SUPPLIED ENTRIES below:

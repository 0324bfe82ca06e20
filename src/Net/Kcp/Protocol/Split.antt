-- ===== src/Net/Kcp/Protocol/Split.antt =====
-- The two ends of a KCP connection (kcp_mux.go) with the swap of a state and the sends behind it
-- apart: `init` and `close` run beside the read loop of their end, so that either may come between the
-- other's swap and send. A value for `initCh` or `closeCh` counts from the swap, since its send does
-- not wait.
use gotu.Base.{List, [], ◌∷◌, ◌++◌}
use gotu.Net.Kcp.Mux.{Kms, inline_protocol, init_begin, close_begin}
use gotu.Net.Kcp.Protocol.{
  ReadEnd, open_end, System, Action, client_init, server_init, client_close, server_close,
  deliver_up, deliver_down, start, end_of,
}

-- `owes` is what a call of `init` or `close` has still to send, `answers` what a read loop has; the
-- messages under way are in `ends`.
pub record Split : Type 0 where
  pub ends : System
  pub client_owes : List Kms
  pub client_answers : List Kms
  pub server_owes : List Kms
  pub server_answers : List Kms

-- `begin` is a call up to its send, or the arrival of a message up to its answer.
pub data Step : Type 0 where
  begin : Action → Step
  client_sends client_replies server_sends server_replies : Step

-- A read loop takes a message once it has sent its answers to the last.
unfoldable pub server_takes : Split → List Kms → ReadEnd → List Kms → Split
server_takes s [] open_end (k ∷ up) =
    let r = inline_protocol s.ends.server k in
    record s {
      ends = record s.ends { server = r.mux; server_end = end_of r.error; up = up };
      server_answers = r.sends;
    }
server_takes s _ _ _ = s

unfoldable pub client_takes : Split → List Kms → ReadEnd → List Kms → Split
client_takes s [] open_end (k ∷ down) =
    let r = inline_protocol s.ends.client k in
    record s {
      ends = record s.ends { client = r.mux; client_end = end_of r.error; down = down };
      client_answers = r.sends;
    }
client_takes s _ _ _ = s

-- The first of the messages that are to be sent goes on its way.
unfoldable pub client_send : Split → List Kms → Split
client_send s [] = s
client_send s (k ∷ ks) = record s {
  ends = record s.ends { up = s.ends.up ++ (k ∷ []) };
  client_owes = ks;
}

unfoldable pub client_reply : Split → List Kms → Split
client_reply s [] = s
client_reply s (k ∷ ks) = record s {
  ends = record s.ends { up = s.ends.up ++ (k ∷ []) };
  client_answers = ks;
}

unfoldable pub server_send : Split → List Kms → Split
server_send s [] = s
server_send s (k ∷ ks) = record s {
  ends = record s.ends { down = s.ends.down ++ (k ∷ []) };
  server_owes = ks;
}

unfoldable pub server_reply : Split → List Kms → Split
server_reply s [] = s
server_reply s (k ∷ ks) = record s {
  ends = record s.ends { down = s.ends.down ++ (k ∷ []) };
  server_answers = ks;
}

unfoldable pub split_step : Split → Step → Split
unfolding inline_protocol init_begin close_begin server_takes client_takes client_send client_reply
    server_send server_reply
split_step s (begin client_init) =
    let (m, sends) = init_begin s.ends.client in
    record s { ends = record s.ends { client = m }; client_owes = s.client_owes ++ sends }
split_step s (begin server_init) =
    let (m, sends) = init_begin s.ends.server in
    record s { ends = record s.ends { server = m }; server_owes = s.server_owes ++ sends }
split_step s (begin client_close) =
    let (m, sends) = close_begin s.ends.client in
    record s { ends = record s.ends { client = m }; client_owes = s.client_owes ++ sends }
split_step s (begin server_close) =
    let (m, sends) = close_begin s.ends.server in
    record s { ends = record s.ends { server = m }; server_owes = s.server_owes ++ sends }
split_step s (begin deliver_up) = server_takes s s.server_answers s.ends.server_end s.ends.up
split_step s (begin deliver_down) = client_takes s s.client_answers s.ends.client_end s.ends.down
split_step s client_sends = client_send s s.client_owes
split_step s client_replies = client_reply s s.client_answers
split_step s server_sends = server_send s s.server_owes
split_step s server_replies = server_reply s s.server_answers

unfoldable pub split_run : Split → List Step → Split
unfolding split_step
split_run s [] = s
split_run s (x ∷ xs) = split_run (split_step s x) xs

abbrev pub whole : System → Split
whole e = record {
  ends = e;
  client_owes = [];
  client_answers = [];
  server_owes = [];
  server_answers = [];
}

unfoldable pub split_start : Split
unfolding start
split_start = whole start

End of SUPPLIED ENTRIES.
SUPPLIED ENTRIES below:

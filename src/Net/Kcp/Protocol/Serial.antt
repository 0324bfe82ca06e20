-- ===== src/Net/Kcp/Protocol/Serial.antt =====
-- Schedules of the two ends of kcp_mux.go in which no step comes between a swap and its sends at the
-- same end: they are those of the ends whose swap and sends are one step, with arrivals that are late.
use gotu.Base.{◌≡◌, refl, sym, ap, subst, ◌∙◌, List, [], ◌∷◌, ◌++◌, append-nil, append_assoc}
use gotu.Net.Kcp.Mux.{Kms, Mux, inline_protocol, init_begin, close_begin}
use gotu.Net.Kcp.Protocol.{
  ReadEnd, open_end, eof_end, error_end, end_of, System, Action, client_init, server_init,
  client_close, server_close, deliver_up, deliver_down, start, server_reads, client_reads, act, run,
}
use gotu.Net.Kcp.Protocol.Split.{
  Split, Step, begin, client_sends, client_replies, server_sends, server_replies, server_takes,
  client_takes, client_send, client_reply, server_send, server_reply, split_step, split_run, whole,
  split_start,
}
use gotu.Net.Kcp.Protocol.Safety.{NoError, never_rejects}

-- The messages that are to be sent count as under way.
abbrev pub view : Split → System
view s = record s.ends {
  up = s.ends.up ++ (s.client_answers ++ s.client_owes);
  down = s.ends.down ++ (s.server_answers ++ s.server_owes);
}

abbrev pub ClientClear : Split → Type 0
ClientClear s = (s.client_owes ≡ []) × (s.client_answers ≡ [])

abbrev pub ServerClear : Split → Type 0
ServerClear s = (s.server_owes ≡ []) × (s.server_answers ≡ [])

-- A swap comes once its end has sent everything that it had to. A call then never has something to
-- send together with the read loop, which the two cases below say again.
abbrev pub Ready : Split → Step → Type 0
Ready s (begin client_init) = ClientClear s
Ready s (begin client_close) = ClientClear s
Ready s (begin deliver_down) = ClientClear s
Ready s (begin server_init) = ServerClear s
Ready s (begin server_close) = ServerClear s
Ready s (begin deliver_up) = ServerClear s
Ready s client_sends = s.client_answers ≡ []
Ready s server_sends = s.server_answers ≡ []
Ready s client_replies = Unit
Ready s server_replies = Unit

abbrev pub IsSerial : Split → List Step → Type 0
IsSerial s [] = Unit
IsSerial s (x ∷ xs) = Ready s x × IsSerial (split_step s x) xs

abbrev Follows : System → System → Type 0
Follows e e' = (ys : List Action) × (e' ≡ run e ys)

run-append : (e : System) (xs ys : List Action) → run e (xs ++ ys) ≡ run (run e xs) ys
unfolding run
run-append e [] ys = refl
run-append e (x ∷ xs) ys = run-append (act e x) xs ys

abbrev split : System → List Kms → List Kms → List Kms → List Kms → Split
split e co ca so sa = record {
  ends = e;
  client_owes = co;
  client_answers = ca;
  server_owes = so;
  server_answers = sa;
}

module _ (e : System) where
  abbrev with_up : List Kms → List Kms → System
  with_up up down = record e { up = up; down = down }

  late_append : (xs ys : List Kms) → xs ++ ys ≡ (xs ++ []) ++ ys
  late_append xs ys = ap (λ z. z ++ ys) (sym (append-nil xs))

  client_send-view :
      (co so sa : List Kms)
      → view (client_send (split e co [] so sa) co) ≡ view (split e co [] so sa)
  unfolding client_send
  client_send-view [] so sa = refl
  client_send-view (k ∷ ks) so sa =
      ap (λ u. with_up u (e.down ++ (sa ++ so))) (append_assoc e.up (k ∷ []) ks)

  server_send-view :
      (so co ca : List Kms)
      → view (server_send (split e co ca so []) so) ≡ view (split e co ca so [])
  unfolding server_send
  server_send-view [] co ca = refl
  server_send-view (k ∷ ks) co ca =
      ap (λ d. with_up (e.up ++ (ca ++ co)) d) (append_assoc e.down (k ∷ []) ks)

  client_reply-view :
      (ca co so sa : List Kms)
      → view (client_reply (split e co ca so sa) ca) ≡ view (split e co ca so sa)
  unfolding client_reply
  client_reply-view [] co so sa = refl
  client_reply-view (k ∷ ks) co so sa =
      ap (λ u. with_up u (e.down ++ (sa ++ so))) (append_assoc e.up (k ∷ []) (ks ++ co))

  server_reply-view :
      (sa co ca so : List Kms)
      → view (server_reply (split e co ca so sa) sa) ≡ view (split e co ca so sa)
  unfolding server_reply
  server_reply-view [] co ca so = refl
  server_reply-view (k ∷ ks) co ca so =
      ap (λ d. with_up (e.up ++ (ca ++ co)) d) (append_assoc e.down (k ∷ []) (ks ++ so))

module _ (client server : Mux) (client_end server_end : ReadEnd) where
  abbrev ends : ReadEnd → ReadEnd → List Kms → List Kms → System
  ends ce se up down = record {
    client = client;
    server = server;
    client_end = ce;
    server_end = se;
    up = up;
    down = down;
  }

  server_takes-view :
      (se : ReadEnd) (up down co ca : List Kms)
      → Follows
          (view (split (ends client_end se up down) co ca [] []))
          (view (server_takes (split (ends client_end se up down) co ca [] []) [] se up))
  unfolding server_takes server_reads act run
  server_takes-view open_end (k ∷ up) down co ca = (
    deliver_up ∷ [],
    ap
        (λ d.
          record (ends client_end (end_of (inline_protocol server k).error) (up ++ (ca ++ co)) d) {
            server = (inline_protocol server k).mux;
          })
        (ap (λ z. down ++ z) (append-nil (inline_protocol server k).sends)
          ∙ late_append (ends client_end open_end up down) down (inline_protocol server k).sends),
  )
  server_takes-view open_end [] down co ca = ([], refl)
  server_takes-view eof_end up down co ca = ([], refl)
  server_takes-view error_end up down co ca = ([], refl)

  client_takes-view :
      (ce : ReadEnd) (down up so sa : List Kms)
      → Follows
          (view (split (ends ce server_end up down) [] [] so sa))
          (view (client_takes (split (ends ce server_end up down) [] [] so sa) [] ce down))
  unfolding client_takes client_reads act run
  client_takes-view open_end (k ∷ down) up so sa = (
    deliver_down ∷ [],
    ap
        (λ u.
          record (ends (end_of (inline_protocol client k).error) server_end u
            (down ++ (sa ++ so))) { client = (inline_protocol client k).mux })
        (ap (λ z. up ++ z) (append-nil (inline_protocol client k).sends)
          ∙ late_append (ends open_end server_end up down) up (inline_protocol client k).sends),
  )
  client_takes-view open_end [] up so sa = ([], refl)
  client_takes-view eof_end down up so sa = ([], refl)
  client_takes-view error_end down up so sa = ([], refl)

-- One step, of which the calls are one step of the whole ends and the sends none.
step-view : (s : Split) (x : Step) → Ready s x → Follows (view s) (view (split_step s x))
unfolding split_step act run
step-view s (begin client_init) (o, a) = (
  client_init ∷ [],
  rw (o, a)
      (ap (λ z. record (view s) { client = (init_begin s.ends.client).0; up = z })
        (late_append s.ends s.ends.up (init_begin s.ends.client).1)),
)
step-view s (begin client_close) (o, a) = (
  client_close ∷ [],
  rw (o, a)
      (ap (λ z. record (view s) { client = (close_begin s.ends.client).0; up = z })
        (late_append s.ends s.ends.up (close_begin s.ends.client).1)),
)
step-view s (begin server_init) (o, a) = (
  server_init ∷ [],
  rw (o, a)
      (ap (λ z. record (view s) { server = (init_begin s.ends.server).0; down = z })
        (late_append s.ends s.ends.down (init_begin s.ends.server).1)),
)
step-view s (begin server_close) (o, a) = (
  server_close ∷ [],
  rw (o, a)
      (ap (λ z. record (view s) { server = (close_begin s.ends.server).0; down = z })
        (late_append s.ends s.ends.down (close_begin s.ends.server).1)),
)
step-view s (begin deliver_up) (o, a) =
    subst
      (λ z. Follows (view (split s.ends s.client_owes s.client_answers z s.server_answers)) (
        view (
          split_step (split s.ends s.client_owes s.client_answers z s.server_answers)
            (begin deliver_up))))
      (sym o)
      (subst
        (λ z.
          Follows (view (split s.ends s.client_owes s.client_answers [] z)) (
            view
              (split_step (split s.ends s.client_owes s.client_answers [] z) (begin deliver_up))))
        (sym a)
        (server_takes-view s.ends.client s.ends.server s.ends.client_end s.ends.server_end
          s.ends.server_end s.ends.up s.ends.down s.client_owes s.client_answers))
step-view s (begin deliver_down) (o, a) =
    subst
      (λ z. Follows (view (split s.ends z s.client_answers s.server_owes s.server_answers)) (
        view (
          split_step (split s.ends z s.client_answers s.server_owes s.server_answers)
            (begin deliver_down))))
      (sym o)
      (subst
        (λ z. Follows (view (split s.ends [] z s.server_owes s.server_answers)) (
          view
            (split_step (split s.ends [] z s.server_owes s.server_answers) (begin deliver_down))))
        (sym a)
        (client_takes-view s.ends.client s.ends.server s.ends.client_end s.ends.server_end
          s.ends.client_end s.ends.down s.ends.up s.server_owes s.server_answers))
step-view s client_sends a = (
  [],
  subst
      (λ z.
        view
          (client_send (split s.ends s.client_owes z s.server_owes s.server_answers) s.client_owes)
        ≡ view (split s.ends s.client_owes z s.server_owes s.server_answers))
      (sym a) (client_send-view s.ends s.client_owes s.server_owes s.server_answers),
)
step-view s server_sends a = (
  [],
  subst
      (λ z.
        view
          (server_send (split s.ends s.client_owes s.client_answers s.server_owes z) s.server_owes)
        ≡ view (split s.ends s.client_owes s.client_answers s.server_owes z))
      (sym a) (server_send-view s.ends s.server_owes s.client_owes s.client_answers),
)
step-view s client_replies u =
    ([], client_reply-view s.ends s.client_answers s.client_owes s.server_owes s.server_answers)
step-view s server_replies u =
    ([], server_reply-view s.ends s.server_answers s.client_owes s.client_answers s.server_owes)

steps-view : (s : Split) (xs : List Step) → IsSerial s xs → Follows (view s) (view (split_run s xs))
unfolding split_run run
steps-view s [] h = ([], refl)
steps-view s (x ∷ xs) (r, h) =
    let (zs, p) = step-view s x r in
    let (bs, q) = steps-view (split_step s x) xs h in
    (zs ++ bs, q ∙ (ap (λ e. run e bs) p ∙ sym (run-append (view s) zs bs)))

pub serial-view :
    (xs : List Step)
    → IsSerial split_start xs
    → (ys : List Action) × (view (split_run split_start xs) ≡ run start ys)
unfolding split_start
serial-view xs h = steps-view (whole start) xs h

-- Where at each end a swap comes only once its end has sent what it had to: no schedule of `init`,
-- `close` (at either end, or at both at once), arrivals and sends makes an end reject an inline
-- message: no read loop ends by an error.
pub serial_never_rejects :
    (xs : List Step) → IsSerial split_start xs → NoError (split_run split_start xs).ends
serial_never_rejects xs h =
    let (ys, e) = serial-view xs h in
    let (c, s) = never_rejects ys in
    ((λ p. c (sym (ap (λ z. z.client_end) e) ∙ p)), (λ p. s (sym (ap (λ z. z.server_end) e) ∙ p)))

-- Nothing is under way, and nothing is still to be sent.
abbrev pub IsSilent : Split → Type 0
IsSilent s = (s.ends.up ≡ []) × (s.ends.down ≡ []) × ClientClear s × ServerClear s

End of SUPPLIED ENTRIES.

• [YOUR ASSIGNMENT]: What is asked for is an exact copy of the lines above from the one containing "client_send-view (k ∷" through the one containing "server_takes-view eof_end up", and only those.

• [SOLUTION TO THIS TASK]:
  client_send-view (k ∷ ks) so sa =
      ap (λ u. with_up u (e.down ++ (sa ++ so))) (append_assoc e.up (k ∷ []) ks)

  server_send-view :
      (so co ca : List Kms)
      → view (server_send (split e co ca so []) so) ≡ view (split e co ca so [])
  unfolding server_send
  server_send-view [] co ca = refl
  server_send-view (k ∷ ks) co ca =
      ap (λ d. with_up (e.up ++ (ca ++ co)) d) (append_assoc e.down (k ∷ []) ks)

  client_reply-view :
      (ca co so sa : List Kms)
      → view (client_reply (split e co ca so sa) ca) ≡ view (split e co ca so sa)
  unfolding client_reply
  client_reply-view [] co so sa = refl
  client_reply-view (k ∷ ks) co so sa =
      ap (λ u. with_up u (e.down ++ (sa ++ so))) (append_assoc e.up (k ∷ []) (ks ++ co))

  server_reply-view :
      (sa co ca so : List Kms)
      → view (server_reply (split e co ca so sa) sa) ≡ view (split e co ca so sa)
  unfolding server_reply
  server_reply-view [] co ca so = refl
  server_reply-view (k ∷ ks) co ca so =
      ap (λ d. with_up (e.up ++ (ca ++ co)) d) (append_assoc e.down (k ∷ []) (ks ++ so))

module _ (client server : Mux) (client_end server_end : ReadEnd) where
  abbrev ends : ReadEnd → ReadEnd → List Kms → List Kms → System
  ends ce se up down = record {
    client = client;
    server = server;
    client_end = ce;
    server_end = se;
    up = up;
    down = down;
  }

  server_takes-view :
      (se : ReadEnd) (up down co ca : List Kms)
      → Follows
          (view (split (ends client_end se up down) co ca [] []))
          (view (server_takes (split (ends client_end se up down) co ca [] []) [] se up))
  unfolding server_takes server_reads act run
  server_takes-view open_end (k ∷ up) down co ca = (
    deliver_up ∷ [],
    ap
        (λ d.
          record (ends client_end (end_of (inline_protocol server k).error) (up ++ (ca ++ co)) d) {
            server = (inline_protocol server k).mux;
          })
        (ap (λ z. down ++ z) (append-nil (inline_protocol server k).sends)
          ∙ late_append (ends client_end open_end up down) down (inline_protocol server k).sends),
  )
  server_takes-view open_end [] down co ca = ([], refl)
  server_takes-view eof_end up down co ca = ([], refl)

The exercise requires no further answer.